[Start of Attachment]

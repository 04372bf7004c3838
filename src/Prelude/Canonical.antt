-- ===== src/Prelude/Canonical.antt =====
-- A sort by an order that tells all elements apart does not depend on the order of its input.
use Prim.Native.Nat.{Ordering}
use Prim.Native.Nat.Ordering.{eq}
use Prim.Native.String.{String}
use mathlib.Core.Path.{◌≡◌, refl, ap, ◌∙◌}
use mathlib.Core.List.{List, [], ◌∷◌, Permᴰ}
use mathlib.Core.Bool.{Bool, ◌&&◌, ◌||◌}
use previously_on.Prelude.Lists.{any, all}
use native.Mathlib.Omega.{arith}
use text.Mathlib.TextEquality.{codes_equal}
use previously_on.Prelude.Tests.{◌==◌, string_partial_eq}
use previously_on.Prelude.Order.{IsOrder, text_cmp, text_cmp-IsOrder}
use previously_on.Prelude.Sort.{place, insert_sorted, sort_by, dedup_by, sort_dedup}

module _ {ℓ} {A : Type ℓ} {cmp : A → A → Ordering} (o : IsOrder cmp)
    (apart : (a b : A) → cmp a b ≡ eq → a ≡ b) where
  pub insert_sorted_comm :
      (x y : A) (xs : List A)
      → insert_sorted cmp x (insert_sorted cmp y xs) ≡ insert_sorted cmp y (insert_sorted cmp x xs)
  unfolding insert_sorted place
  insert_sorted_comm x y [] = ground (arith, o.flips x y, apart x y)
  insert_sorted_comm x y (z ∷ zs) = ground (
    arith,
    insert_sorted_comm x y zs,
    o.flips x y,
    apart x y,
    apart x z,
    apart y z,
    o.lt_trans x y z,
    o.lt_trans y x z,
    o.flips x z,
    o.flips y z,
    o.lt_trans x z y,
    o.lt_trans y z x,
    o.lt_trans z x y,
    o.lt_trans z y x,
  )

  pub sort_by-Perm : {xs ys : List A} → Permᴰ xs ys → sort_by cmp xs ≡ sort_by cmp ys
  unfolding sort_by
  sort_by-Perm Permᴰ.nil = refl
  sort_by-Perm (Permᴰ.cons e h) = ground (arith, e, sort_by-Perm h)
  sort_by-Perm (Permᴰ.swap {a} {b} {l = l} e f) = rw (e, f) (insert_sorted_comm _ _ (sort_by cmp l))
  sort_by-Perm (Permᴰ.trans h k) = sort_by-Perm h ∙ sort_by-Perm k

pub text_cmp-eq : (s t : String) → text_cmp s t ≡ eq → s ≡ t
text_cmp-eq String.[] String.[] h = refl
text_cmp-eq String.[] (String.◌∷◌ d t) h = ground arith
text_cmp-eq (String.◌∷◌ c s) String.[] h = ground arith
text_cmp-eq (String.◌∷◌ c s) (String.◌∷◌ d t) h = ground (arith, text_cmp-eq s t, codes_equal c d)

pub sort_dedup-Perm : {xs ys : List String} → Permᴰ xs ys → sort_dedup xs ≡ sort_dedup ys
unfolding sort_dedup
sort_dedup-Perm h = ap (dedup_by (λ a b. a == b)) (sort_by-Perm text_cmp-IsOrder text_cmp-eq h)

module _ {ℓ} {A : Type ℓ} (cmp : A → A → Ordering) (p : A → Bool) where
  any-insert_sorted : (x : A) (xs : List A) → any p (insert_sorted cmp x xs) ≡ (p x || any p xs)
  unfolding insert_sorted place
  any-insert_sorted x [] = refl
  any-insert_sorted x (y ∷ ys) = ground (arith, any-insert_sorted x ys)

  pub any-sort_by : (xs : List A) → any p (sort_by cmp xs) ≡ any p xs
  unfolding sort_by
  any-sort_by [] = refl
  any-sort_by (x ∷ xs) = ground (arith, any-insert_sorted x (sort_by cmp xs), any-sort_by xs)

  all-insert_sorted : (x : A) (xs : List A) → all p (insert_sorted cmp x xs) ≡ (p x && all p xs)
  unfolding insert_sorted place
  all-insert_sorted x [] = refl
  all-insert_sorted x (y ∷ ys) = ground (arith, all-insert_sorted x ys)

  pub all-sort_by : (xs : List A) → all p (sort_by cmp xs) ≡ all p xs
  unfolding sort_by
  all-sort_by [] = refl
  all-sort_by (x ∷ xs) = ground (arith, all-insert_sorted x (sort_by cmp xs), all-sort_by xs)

[End of Attachment]
[Start of Attachment]

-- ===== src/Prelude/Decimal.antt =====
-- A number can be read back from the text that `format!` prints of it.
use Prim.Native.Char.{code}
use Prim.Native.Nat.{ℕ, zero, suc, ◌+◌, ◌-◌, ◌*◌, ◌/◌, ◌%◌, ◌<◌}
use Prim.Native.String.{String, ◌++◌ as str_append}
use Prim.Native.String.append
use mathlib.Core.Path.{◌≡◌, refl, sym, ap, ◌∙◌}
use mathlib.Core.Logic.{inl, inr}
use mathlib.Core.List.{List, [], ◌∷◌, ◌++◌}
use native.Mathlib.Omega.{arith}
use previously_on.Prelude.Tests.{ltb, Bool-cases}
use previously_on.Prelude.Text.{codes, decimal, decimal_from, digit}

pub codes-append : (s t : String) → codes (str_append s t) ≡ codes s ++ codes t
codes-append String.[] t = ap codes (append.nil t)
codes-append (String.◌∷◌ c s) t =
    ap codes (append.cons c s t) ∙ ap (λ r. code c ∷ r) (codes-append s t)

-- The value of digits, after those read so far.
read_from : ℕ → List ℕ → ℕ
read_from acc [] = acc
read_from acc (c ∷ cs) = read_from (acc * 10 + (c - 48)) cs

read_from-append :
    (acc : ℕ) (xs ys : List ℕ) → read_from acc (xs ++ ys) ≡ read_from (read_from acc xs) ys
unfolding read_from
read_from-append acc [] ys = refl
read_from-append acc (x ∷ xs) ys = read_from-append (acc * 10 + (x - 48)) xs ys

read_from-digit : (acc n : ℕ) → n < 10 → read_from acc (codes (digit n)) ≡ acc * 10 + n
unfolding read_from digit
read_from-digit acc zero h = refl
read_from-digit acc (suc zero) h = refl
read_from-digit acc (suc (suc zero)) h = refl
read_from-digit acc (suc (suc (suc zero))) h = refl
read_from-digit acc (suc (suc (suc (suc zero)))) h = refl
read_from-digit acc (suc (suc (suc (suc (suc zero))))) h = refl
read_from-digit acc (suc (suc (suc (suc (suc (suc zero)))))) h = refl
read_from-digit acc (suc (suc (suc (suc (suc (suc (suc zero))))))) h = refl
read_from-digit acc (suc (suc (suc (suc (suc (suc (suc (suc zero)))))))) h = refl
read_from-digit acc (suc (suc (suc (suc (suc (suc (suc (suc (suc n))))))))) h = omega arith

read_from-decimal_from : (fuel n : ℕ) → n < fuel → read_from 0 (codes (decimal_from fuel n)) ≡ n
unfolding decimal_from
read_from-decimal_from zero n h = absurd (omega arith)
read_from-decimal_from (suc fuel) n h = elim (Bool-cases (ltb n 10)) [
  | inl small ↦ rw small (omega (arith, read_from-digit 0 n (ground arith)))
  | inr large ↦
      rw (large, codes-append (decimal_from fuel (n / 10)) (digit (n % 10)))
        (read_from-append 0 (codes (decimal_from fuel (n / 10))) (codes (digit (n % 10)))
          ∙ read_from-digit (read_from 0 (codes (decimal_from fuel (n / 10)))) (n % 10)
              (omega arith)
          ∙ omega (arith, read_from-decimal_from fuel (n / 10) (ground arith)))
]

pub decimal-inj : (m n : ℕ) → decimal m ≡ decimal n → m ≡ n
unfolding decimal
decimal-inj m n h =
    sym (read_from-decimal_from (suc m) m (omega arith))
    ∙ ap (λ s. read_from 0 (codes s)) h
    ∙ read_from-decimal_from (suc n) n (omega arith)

[End of Attachment]

Required action.
For the string "that", report how many lines of the records contain it, giving the number only.

Response to the task.
2